The iPod is sold AS IS!

*Price: $215 OBO*

*Pics:*


----------



## Hello

Need this sold..


----------



## Charlie7940

If I recall you went through so much trouble to find a 20gig ipod and now you want to sell it?  Are you unhappy with it?

Anyway...you're guaranteed to have better luck on ebay


----------



## Hello

Lol, I am staying in the iPod Faimly..


----------



## Geoff

you should consider using paint yo cut off your hand in the pics.  

If you want to stay in the iPod family, then why are you selling this?


----------



## DCIScouts

I just had to return one because I needed the money for something else, but when I get the money again, I am sooooo getting one!!!

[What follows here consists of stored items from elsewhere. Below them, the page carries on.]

-- ===== src/Api/Pairs/Agree.antt =====
-- The list of the pairs and the single pair (cmd/api/main.go, handleGetPairs and handleGetPair).
use lumen_liquid_backend.Base.{
  ◌^◌, ◌≡◌, refl, sym, subst, inl, inr, Option, none, some, List, [], ◌∷◌, if◌then◌else◌, map, All,
  In, arith, ◌==◌, ==_refl, All-In,
}
use lumen_liquid_backend.Base.Int.{ℤ, pos, ◌<ℤ◌, ◌≤ℤ◌, int_eq}
use lumen_liquid_backend.Base.Text.{print_ℤ, parse_ℤ-print_ℤ}
use lumen_liquid_backend.Base.Strings.{atoi}
use lumen_liquid_backend.Base.Assoc.{lookup}
use lumen_liquid_backend.Api.{json}
use lumen_liquid_backend.Api.Pairs.{
  PairGroup, PairRow, Pair, RowResult, row_found, err_no_rows, load_pair_groups, pair_list,
  handle_get_pairs, handle_get_pair, pair_with_group, index_of,
}
use lumen_liquid_backend.Api.Pairs.Sorted.{Ascending, table, group_map-table}

-- The query for one row: `WHERE group_index = $1`, `WHERE pair_index = $1`.
abbrev pub select_group : List PairGroup → ℤ → RowResult PairGroup
select_group [] i = err_no_rows
select_group (g ∷ gs) i = if g.group_index == i then row_found g else select_group gs i

abbrev pub select_pair : List PairRow → ℤ → RowResult PairRow
select_pair [] i = err_no_rows
select_pair (p ∷ ps) i = if p.pair_index == i then row_found p else select_pair ps i

abbrev group_or_none : RowResult PairGroup → Option PairGroup
group_or_none (row_found g) = some g
group_or_none _ = none

-- A row with the group of its index, where there is one.
abbrev pub the_pair : List PairGroup → PairRow → Pair
the_pair groups p = record { row = p; group = group_or_none (select_group groups p.group_index) }

-- Each index once, in the range of the column.
abbrev pub IsTable : List PairRow → Type 0
IsTable [] = Unit
IsTable (p ∷ ps) =
    (pos 0 ≤ℤ p.pair_index)
    × (p.pair_index <ℤ pos (2 ^ 31))
    × All (λ q. p.pair_index <ℤ q.pair_index) ps
    × IsTable ps

lookup-select :
    (i : ℤ) (gs : List PairGroup) → lookup i (table gs) ≡ group_or_none (select_group gs i)
unfolding lookup
lookup-select i [] = refl
lookup-select i (g ∷ gs) = ground (arith, lookup-select i gs)

pair_list-map :
    (groups : List PairGroup) (pairs : List PairRow)
    → pair_list (table groups) (map some pairs) ≡ some (map (the_pair groups) pairs)
unfolding pair_list
pair_list-map groups [] = refl
pair_list-map groups (p ∷ pairs) =
    rw (pair_list, pair_list-map groups pairs, lookup-select p.group_index groups) refl

select_pair-In :
    (pairs : List PairRow) (p : PairRow)
    → IsTable pairs
    → In p pairs
    → select_pair pairs p.pair_index ≡ row_found p
select_pair-In [] p h i = elim i [ ]
select_pair-In (q ∷ pairs) p h (inl same) =
    subst (λ x. select_pair (q ∷ pairs) x.pair_index ≡ row_found x) (sym same)
      (rw (==_refl q.pair_index) refl)
select_pair-In (q ∷ pairs) p h (inr i) =
    ground (
      arith,
      select_pair-In pairs p h.3 i,
      All-In (λ r. q.pair_index <ℤ r.pair_index) p pairs h.2 i,
    )

select_group-answered :
    (p : PairRow) (gs : List PairGroup) (i : ℤ)
    → pair_with_group p (select_group gs i)
      ≡ json (record { row = p; group = group_or_none (select_group gs i) })
select_group-answered p [] i = refl
select_group-answered p (g ∷ gs) i = ground (arith, select_group-answered p gs i)

index_of-print_ℤ : (z : ℤ) → pos 0 ≤ℤ z → z <ℤ pos (2 ^ 31) → index_of (print_ℤ z) ≡ some z
unfolding atoi
index_of-print_ℤ z low high = rw (index_of, atoi, parse_ℤ-print_ℤ z) (ground arith)

bounds :
    (pairs : List PairRow) (p : PairRow)
    → IsTable pairs
    → In p pairs
    → (pos 0 ≤ℤ p.pair_index) × (p.pair_index <ℤ pos (2 ^ 31))
bounds [] p h i = elim i [ ]
bounds (q ∷ pairs) p h (inl same) =
    subst (λ r. (pos 0 ≤ℤ r.pair_index) × (r.pair_index <ℤ pos (2 ^ 31))) (sym same) (h.0, h.1)
bounds (q ∷ pairs) p h (inr i) = bounds pairs p h.3 i

-- For tables in which each index stands once: the list of the pairs shows each row with the group of
-- its index, where there is one, and asking for a single pair by the text of its index gives exactly
-- the entry of the list.
pub pairs_agree :
    (groups : List PairGroup) (pairs : List PairRow) (p : PairRow)
    → Ascending groups
    → IsTable pairs
    → In p pairs
    → (handle_get_pairs (some (map some groups)) (some (map some pairs))
        ≡ json (map (the_pair groups) pairs))
      × (handle_get_pair (select_group groups) (select_pair pairs) (print_ℤ p.pair_index)
          ≡ json (the_pair groups p))
unfolding handle_get_pairs load_pair_groups handle_get_pair
pairs_agree groups pairs p h k i = (
  rw (group_map-table [] groups h, pair_list-map groups pairs) refl,
  rw
      (
        handle_get_pair,
        index_of-print_ℤ p.pair_index (bounds pairs p k i).0 (bounds pairs p k i).1,
        select_pair-In pairs p k i,
      )
      (select_group-answered p groups p.group_index),
)
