-- ===== src/Keeper/Math.antt =====
-- internal/keeper/math.go: fee accumulators, fees of a trade, liquidation price. A `*big.Int`
-- that may be nil is an `Option ℤ`; `uint64` and `uint32` arguments are numbers, and
-- `int64(deltaLedgers)` keeps its wrap-around. `Quo` is only called with a divisor other than 0.
pub mod Price
pub mod Funding
use lumen_liquid_backend.Base.{
  ℕ, zero, suc, ◌^◌, Bool, true, false, ◌&&◌, ◌||◌, Option, none, some, if◌then◌else◌, ltb, nat_beq,
}
use lumen_liquid_backend.Base.Int.{
  ℤ, pos, negsuc, ◌+ℤ◌, ◌-ℤ◌, ◌*ℤ◌, quo, leb_ℤ, ltb_ℤ, is_zero, to_int64,
}

-- `ErrDivByZero`, `ErrOverflow`, `ErrInvalid`
pub data MathError : Type 0 where
  div_by_zero overflow invalid : MathError

pub data Result (A : Type 0) : Type 0 where
  ok : A → Result A
  err : MathError → Result A

abbrev pub hundred : ℤ
hundred = pos 100

abbrev pub p_scale : ℤ
p_scale = pos 10_000_000_000

abbrev pub usdc_scale : ℤ
usdc_scale = pos 10_000_000

-- A nil accumulator counts as zero.
abbrev pub or_zero : Option ℤ → ℤ
or_zero none = pos 0
or_zero (some z) = z

-- `rate == nil || rate.Sign() == 0`
abbrev pub is_nil_or_zero : Option ℤ → Bool
is_nil_or_zero none = true
is_nil_or_zero (some z) = is_zero z

unfoldable pub pending_acc_rollover : Option ℤ → ℕ → Option ℤ → Result ℤ
pending_acc_rollover acc_per_collateral delta_ledgers rollover_fee_per_ledger_p =
    let acc = or_zero acc_per_collateral in
    let denom = p_scale *ℤ hundred in
    let num = or_zero rollover_fee_per_ledger_p *ℤ usdc_scale in
    let inc = quo (to_int64 (pos delta_ledgers) *ℤ num) denom in
    if nat_beq delta_ledgers 0 || is_nil_or_zero rollover_fee_per_ledger_p
    then ok acc
    else ok (acc +ℤ inc)

-- `paidByLongs` of `PendingAccFunding`.
unfoldable pub paid_by_longs : ℤ → ℤ → ℕ → ℤ → ℤ
paid_by_longs oi_long oi_short delta_ledgers rate =
    let stage = (oi_long -ℤ oi_short) *ℤ to_int64 (pos delta_ledgers) in
    quo (stage *ℤ rate) (p_scale *ℤ hundred)

unfoldable pub pending_acc_funding :
    Option ℤ → Option ℤ → Option ℤ → Option ℤ → ℕ → Option ℤ → Result (ℤ × ℤ)
pending_acc_funding acc_long acc_short oi_long oi_short delta_ledgers funding_fee_per_ledger_p =
    let long = or_zero acc_long in
    let short = or_zero acc_short in
    let ol = or_zero oi_long in
    let os = or_zero oi_short in
    let paid = paid_by_longs ol os delta_ledgers (or_zero funding_fee_per_ledger_p) in
    let new_long = if ltb_ℤ (pos 0) ol then long +ℤ quo (paid *ℤ usdc_scale) ol else long in
    let new_short = if ltb_ℤ (pos 0) os then short -ℤ quo (paid *ℤ usdc_scale) os else short in
    if nat_beq delta_ledgers 0 || is_nil_or_zero funding_fee_per_ledger_p
    then ok (long, short)
    else ok (new_long, new_short)

unfoldable pub rollover_fee_for_trade : Option ℤ → Option ℤ → Option ℤ → Result ℤ
rollover_fee_for_trade acc_open acc_now none = err invalid
rollover_fee_for_trade acc_open acc_now (some collateral) =
    let delta = or_zero acc_now -ℤ or_zero acc_open in
    if is_zero delta then ok (pos 0) else ok (quo (delta *ℤ collateral) usdc_scale)

unfoldable pub funding_fee_for_trade : Option ℤ → Option ℤ → Option ℤ → ℕ → Result ℤ
funding_fee_for_trade acc_open acc_now none leverage = err invalid
funding_fee_for_trade acc_open acc_now (some collateral) leverage =
    let delta = or_zero acc_now -ℤ or_zero acc_open in
    let staged = quo (delta *ℤ collateral) usdc_scale in
    if is_zero delta then ok (pos 0) else ok (staged *ℤ pos leverage)

-- `numer` of `LiquidationPrice`: what is left of the threshold share after the fees.
unfoldable pub liq_numer : ℤ → ℤ → ℤ → ℕ → ℤ
liq_numer collateral rollover_fee funding_fee liq_threshold_p =
    quo (collateral *ℤ pos liq_threshold_p) hundred -ℤ rollover_fee -ℤ funding_fee

-- `distance` of `LiquidationPrice`.
unfoldable pub liq_distance : ℤ → ℤ → ℤ → ℕ → ℤ
liq_distance open_price numer collateral leverage =
    quo (quo (open_price *ℤ numer) collateral) (pos leverage)

-- `liq.Sign() < 0` sets the price to zero.
abbrev pub floor_zero : ℤ → ℤ
floor_zero (pos n) = pos n
floor_zero (negsuc n) = pos 0

abbrev pub liq_price : ℤ → Bool → ℤ → ℤ
liq_price open_price true distance = floor_zero (open_price -ℤ distance)
liq_price open_price false distance = floor_zero (open_price +ℤ distance)

-- The checks in the order of the source: collateral, leverage, open price.
unfoldable pub liquidation_price :
    Option ℤ → Bool → Option ℤ → ℕ → Option ℤ → Option ℤ → ℕ → Result ℤ
liquidation_price open_price is_long none leverage rollover_fee funding_fee liq_threshold_p =
    err div_by_zero
liquidation_price none is_long (some c) leverage rollover_fee funding_fee liq_threshold_p =
    if is_zero c || nat_beq leverage 0 then err div_by_zero else err invalid
liquidation_price (some o) is_long (some c) leverage rollover_fee funding_fee liq_threshold_p =
    let numer = liq_numer c (or_zero rollover_fee) (or_zero funding_fee) liq_threshold_p in
    if is_zero c || nat_beq leverage 0
    then err div_by_zero
    else ok (liq_price o is_long (liq_distance o numer c leverage))

-- `price.Cmp(level) <= 0` for a long, `>= 0` for a short.
abbrev pub crosses : Bool → ℤ → ℤ → Bool
crosses true observed level = leb_ℤ observed level
crosses false observed level = leb_ℤ level observed

unfoldable pub is_liquidatable : Option ℤ → Option ℤ → Bool → Bool
is_liquidatable observed none is_long = false
is_liquidatable none (some liq) is_long = false
is_liquidatable (some observed) (some liq) is_long =
    if is_zero liq then false else crosses is_long observed liq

LOL, and the ad at the top of the page is for a free iPod, hmm....


----------



## Hello

Not trying to be a dick, but please dont whore my B/S/T thread. I know that's what half the people do on here post 415664 times a day to get there post count up to 1 billion. Theres other thread's to do this in. Let it not be mine. Thanks.


----------



## Hello

Up.


----------



## DanLatimer

geoff5093 said:
			
		

> you should consider using paint yo cut off your hand in the pics.
> 
> If you want to stay in the iPod family, then why are you selling this?




you never answered the question hello...


----------



## Hello

DanLatimer said:
			
		

> you never answered the question hello...

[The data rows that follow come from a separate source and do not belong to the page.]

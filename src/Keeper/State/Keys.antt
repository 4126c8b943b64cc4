-- ===== src/Keeper/State/Keys.antt =====
-- The keys of the keeper's maps (internal/keeper/state.go), compared field by field as Go does.
use lumen_liquid_backend.Base.{Bool, true, ◌&&◌, ◌≡◌, ◌↔◌, arith, Eq, ◌==◌, text_eq, text_beq_iff}
use lumen_liquid_backend.Base.Int.{ℤ, int_eq, int_beq_iff}
use lumen_liquid_backend.Base.Text.{Text}

pub record TradeKey : Type 0 where
  pub trader : Text
  pub pair_index : ℤ
  pub trade_index : ℤ

pub record LimitKey : Type 0 where
  pub trader : Text
  pub pair_index : ℤ
  pub limit_index : ℤ

unfoldable pub trade_key_beq : TradeKey → TradeKey → Bool
trade_key_beq a b =
    a.trader == b.trader && (a.pair_index == b.pair_index && a.trade_index == b.trade_index)

pub trade_key_beq_iff : (a b : TradeKey) → (trade_key_beq a b ≡ true) ↔ (a ≡ b)
unfolding trade_key_beq
trade_key_beq_iff a b = ground (
  arith,
  text_beq_iff a.trader b.trader,
  int_beq_iff a.pair_index b.pair_index,
  int_beq_iff a.trade_index b.trade_index,
)

instance abbrev pub trade_key_eq : Eq TradeKey
trade_key_eq = record { test = trade_key_beq; test_iff = trade_key_beq_iff }

unfoldable pub limit_key_beq : LimitKey → LimitKey → Bool
limit_key_beq a b =
    a.trader == b.trader && (a.pair_index == b.pair_index && a.limit_index == b.limit_index)

pub limit_key_beq_iff : (a b : LimitKey) → (limit_key_beq a b ≡ true) ↔ (a ≡ b)
unfolding limit_key_beq
limit_key_beq_iff a b = ground (
  arith,
  text_beq_iff a.trader b.trader,
  int_beq_iff a.pair_index b.pair_index,
  int_beq_iff a.limit_index b.limit_index,
)

instance abbrev pub limit_key_eq : Eq LimitKey
limit_key_eq = record { test = limit_key_beq; test_iff = limit_key_beq_iff }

Wow, what is this whore John's bst thread? Get the hell out..go think about it if u care that much.


----------



## DanLatimer

if your trying something i think we deserve to know why you are selling it, if it works at all...


----------



## ahajv4life

loll, this is getting good.  HELLO: you're rebutle


----------



## Hello

If your want to know that answer and are intrested in the iPod, I would gladly answer it for you. But for people whom are not intrestedm it's a waste of my time.


----------



## Hello

Price Lowered!


----------



## DanLatimer

oh, okay


----------



## Hello

DanLatimer- Ha, you edited that post. And I PM'ed you.


----------



## Hello

*Need this GONE!*


----------



## Geoff

wow hello, you must be in a bad mood, but you didnt anser my question, why are you selling this if you want to stay in the iPod family.


----------



## Hello

Hello said:
			
		

> If your want to know that answer and are intrested in the iPod, I would gladly answer it for you. But for people whom are not intrestedm it's a waste of my time.



*PM me if you are intrested and would like to know.*


----------



## Hello

Up..need this gone..


----------



## Lax

www.ebay.com


----------



## Hello

Lord AnthraX said:
			
		

> www.ebay.com


No.


----------



## dragon2309

> No.



Why?


----------



## Lorand

Wow, you are naked on the second photo!


----------



## flame1117

Lorand said:
			
		

> Wow, you are naked on the second photo!



You just happen to notice these things dont you


----------



## ahajv4life

careful, he's gonna come back and yell at you for not posting about his iPod....


----------



## Lorand

ahajv4life said:
			
		

> careful, he's gonna come back and yell at you for not posting about his iPod....


Ya, but with all the bs posted here his thread became a hot thread.


----------



## Hello

Lol, you guys would also be a little mad, when im trying to sell something and u dicks are trying to get to about..1 trillion posts.


----------



## Charlie7940

Hey, lets try and be mature about the situation and keep the "name calling" under control.  I'll leave this thread open for now but if this continues it will be closed.


----------



## Hello

Charlie7940 said:
			
		

> Hey, lets try and be mature about the situation and keep the "name calling" under control.  I'll leave this thread open for now but if this continues it will be closed.


I don't care, I will just make another. Maybe they wont spam that one.


----------



## Geoff

you should anyways, this is what happened to my thread for my comp, so many posts that its not really a thread for something for sale.


----------



## Charlie7940

> I don't care, I will just make another.




Please  ... Anyway I can see why your mad.  Let's try and keep focus on the main point of this thread.


----------



## Geoff

So howmuch are you sellingthis for right now? becuase you said you lowered the price.


----------



## Hello

Thanks for understanding why I am a little upset. The price now is $215.


----------



## Hello

Guess I'll up this one. Since I made another one for the hopes of it not being whored, and it got deleted. 


UPUPUPPUPUPUPUPUPUPPUPUPUPUPUPUPPUPUPUPUPUPUPPUPUPUPUPUPUPPUPUPUPUPUPUPPUPUPUPUPUPUPPUPUPUPUPUPUPPUPUPUPUPUPUPPUPUPUPUPUPUPPUPUPUPUPUPUPPUPUPUPUPUPUPPUPUPUPUPUPUPPUPUPUPUPUPUPPUPUPUPUPUPUPPUPUPUPUPUPUPPUPUPUPUPUPUPPUPUPUPUPUPUPPUPUPUPUPUPUPPUPUPUP


----------



## Lax

Hello said:
			
		

> Guess I'll up this one. Since I made another one for the hopes of it not being whored, and it got deleted.



You know not to double post. If you wanted to have this not whored then just calmly explain that and ask that it stays on topic.


----------



## Hello

upupuppuupu


----------



## ian

Hello said:
			
		

> upupuppuupu


thread closed
account rebanned.


----------